# What you are asked to do:
Using the entries that follow, give the number of lines containing the string "Prim". Write nothing besides that number.

[Stored data entries]
------------------------

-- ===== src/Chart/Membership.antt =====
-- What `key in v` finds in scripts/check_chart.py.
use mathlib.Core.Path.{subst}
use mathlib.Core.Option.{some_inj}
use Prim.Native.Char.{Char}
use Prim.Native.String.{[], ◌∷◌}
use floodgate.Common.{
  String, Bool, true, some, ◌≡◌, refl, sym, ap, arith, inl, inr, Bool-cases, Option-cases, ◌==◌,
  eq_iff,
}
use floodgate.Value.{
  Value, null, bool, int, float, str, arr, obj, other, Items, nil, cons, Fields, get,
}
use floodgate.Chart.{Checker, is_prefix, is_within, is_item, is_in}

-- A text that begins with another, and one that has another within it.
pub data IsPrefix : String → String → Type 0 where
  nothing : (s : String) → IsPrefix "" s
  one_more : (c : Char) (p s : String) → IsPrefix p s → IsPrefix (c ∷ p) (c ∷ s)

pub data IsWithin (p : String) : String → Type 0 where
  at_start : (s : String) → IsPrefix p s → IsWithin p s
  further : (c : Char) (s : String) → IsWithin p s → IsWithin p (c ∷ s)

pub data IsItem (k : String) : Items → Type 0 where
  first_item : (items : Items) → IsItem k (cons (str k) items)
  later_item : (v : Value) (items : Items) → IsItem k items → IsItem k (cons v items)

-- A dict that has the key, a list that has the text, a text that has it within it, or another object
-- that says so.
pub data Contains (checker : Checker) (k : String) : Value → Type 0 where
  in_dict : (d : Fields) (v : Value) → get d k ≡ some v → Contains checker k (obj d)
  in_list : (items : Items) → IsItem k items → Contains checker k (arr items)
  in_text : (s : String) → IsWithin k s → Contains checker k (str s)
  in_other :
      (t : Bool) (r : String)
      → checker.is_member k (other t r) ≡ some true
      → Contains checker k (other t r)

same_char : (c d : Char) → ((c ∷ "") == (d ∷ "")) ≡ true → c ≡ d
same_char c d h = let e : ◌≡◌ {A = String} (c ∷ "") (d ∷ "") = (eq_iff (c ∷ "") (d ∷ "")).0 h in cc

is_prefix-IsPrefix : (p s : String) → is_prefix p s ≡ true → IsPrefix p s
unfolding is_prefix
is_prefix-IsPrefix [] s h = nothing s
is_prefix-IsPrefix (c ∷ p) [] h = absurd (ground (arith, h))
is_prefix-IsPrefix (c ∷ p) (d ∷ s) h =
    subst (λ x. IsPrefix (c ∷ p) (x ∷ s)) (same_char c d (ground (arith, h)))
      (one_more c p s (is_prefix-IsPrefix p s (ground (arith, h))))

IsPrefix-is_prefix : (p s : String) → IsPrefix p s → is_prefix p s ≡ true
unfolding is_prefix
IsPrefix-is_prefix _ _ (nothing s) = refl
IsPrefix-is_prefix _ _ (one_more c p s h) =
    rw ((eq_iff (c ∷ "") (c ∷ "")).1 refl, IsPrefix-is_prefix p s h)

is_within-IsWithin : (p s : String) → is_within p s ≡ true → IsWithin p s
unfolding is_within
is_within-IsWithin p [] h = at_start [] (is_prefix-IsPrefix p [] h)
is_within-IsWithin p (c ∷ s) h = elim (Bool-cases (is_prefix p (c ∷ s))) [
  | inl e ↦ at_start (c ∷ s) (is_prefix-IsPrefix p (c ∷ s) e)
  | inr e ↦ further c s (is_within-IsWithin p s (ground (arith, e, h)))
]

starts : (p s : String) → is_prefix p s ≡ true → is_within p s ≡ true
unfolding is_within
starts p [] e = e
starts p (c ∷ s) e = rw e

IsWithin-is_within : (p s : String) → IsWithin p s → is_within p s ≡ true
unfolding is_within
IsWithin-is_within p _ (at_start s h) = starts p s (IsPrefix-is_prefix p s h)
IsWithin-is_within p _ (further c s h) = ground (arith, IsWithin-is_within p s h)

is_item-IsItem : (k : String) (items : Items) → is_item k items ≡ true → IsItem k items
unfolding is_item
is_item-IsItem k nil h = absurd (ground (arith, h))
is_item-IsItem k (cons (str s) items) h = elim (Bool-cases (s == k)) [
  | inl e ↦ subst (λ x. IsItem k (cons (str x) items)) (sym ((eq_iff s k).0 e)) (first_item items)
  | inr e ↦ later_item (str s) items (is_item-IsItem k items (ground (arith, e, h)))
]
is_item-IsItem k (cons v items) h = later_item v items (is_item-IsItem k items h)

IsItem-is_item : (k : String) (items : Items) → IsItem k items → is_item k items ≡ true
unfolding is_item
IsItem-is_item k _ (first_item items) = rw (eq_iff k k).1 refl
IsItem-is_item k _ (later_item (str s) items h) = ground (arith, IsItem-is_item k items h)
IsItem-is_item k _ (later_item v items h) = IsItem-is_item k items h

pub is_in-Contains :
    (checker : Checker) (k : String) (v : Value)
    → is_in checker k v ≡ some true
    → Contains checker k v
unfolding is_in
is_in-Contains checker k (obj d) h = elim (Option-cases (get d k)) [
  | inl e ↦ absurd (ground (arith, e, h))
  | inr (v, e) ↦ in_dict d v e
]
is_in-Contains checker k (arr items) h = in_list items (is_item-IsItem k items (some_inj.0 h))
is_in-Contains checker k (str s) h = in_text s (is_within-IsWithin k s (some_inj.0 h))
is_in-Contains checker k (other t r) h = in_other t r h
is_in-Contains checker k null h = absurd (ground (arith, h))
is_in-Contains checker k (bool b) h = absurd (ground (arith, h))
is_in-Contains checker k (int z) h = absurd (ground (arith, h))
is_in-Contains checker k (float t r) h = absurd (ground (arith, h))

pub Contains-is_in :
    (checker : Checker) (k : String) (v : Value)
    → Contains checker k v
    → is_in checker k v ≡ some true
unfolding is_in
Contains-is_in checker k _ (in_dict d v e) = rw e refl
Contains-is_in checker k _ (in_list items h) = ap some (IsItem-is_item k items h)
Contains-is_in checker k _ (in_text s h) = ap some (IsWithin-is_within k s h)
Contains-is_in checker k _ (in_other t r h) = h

------------------------

# Expected answer:
2